In 1978 Mathews returned to the northwest as professor and chairman of the Department of Biochemistry and Biophysics at Oregon State University. There, he facilitated the growth of the department, continued his own research on enzymatic reactions and published several books on biochemistry. One of these was a highly successful textbook, Biochemistry, co-authored with fellow OSU biochemist Ken Van Holde, that went through three editions over the course of a decade.

Mathews also helped to found OSU's Center for Gene Research, which he directed for a year, and was closely involved with the reestablishment of the Linus Pauling Institute, once it had made the move from its former home in the San Francisco Bay Area to the OSU campus. Mathews likewise participated in more than two dozen committees during his OSU years, all while continuing to teach regularly and provide direct mentorship for graduate and postdoctoral students. Over the course of his career, Mathews supervised the work of thirty-five Ph.D. candidates.

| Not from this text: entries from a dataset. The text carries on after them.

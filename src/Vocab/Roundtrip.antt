-- ===== src/Vocab/Roundtrip.antt =====
-- What `write_ztm` writes, the native library reads.
use ztok.Common.{
  concat, ℕ, zero, suc, ◌+◌, ◌*◌, ◌%◌, ◌<◌, ◌≤◌, ◌≡◌, refl, sym, List, [], ◌∷◌, ◌++◌, ok, ◌==◌,
  if◌then◌else◌, length, sum_by, map, drop, arith, length-append,
}
use mathlib.Core.List.{append-nil}
use ztok.Vocab.Wire.{Bytes, le_bytes-value, got, le_bytes, length-concat}
use ztok.Vocab.Ztm.{
  Twin, written_unk, max_token_length, offsets, zeros, valid_aliases, alias_section, valid_twins,
  twin_section, write_ztm, header,
}
use ztok.Vocab.Reader.{LoadedMonster, read_header, read_body, read_bytes_meta}
use ztok.Vocab.Records.{read_pieces-back, take-front, drop-front, shown_twin}
use ztok.Vocab.Layout.{
  write_ztm-Written, alias_section-back, twin_section-back, length-zeros, length-offsets,
  written_unk-bound,
}

abbrev pub loaded : List Bytes → ℕ → ℕ → ℕ → List (ℕ × Bytes) → List Twin → LoadedMonster
loaded tokens unk_id capcode norm_flag aliases twins = record {
  pieces = tokens;
  unk_id = if length tokens == 0 then 0 else written_unk tokens unk_id;
  aliases = valid_aliases aliases;
  per_twin_alts = map shown_twin (valid_twins twins);
  capcode = capcode % 256;
  norm_flag = norm_flag % 256;
}

read_header-back :
    (capcode max_len norm_flag count unk_id total : ℕ) (rest : Bytes)
    → capcode % 256 ≤ 3
    → count < 4294967296
    → unk_id < 4294967296
    → total < 4294967296
    → read_header (
        header capcode max_len norm_flag
          (le_bytes count ++ le_bytes unk_id ++ le_bytes total ++ rest))
      ≡ got (3, capcode % 256, norm_flag % 256, count, unk_id, total) rest
unfolding read_header
read_header-back capcode max_len norm_flag count unk_id total rest c h₁ h₂ h₃ =
    rw (le_bytes-value count h₁, le_bytes-value unk_id h₂, le_bytes-value total h₃) (ground arith)

drop-zeros : (n : ℕ) (rest : Bytes) → drop n (zeros n ++ rest) ≡ rest
unfolding zeros
drop-zeros zero rest = refl
drop-zeros (suc n) rest = drop-zeros n rest

long_enough :
    (tokens : List Bytes) (later after : Bytes)
    → offsets 0 tokens ≡ ok later
    → length (concat tokens) + (length tokens + 1) * 4 + length tokens
      ≤ length (concat tokens ++ (0 ∷ 0 ∷ 0 ∷ 0 ∷ (later ++ (zeros (length tokens) ++ after))))
long_enough tokens later after h = omega (
  arith,
  length-append (concat tokens) (0 ∷ 0 ∷ 0 ∷ 0 ∷ (later ++ (zeros (length tokens) ++ after))),
  length-append later (zeros (length tokens) ++ after),
  length-append (zeros (length tokens)) after,
  length-offsets 0 tokens h,
  length-zeros (length tokens),
)

read_body-back :
    (tokens : List Bytes) (unk_id capcode norm_flag : ℕ) (aliases : List (ℕ × Bytes))
    (twins : List Twin) (later alias_part twin_part : Bytes)
    → length tokens < 4294967295
    → sum_by length tokens < 4294967296
    → offsets 0 tokens ≡ ok later
    → alias_section (length tokens) aliases ≡ ok alias_part
    → twin_section (length tokens) twins ≡ ok twin_part
    → read_body
        (
          3,
          capcode % 256,
          norm_flag % 256,
          length tokens,
          written_unk tokens unk_id,
          sum_by length tokens,
        )
        (concat tokens
          ++ (le_bytes 0 ++ later ++ (zeros (length tokens) ++ (alias_part ++ twin_part))))
      ≡ got (loaded tokens unk_id capcode norm_flag aliases twins) []
unfolding read_body
read_body-back tokens unk_id capcode norm_flag aliases twins later alias_part twin_part few small
      later_ok alias_ok twin_ok =
    rw
      (
        sym (length-concat tokens),
        take-front (concat tokens)
            (le_bytes 0 ++ later ++ (zeros (length tokens) ++ (alias_part ++ twin_part))),
        drop-front (concat tokens)
            (le_bytes 0 ++ later ++ (zeros (length tokens) ++ (alias_part ++ twin_part))),
        read_pieces-back tokens [] (concat tokens) later
            (zeros (length tokens) ++ (alias_part ++ twin_part)) 0 (length (concat tokens)) refl
            refl (omega (arith, length-concat tokens)) later_ok,
        drop-zeros (length tokens) (alias_part ++ twin_part),
        alias_section-back (length tokens) aliases alias_part twin_part alias_ok,
        sym (append-nil twin_part),
        twin_section-back (length tokens) twins twin_part [] twin_ok,
      )
      (ground (
        arith,
        long_enough tokens later (alias_part ++ (twin_part ++ [])) later_ok,
        written_unk-bound tokens unk_id,
      ))

-- A vocabulary that `write_ztm` writes is what the native library reads from the file: the same
-- tokens, each non-empty alias, each twin that has a key and an alternative with at most two of
-- its alternatives, the capcode and normalizer bytes, and the unknown token that was written, with
-- nothing left over. The capcode byte is one the reader knows, and there are fewer than 2³² - 1
-- tokens.
pub write_ztm-read_bytes_meta :
    (tokens : List Bytes) (unk_id capcode norm_flag : ℕ) (aliases : List (ℕ × Bytes))
    (twins : List Twin) {out : Bytes}
    → capcode % 256 ≤ 3
    → length tokens < 4294967295
    → write_ztm tokens unk_id capcode norm_flag aliases twins ≡ ok out
    → read_bytes_meta out ≡ got (loaded tokens unk_id capcode norm_flag aliases twins) []
unfolding read_bytes_meta
write_ztm-read_bytes_meta tokens unk_id capcode norm_flag aliases twins known few e =
    let (later, alias_part, twin_part, later_ok, alias_ok, twin_ok, small, c, u, layout) =
      write_ztm-Written tokens unk_id capcode norm_flag aliases twins e in
    rw
      (
        layout,
        read_header-back capcode (max_token_length tokens aliases twins) norm_flag (length tokens)
            (written_unk tokens unk_id) (sum_by length tokens)
            (concat tokens
              ++ (le_bytes 0 ++ later ++ (zeros (length tokens) ++ (alias_part ++ twin_part))))
            known c u small,
      )
      (read_body-back tokens unk_id capcode norm_flag aliases twins later alias_part twin_part few
        small later_ok alias_ok twin_ok)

In 1991 Mathews was named an OSU Distinguished Professor and in 2002, after twenty-four years of service to OSU, Mathews retired from his position as department chairman, a change which allowed him to renew his efforts in the laboratory. Today, Mathews is internationally recognized as a major contributor to the field of biochemistry with an emphasis on enzymology, virology, and genetics. In particular, Mathews has received significant attention for his work with nucleotide and coenzyme metabolism, DNA synthesis and replication, and nucleic acid enzymology.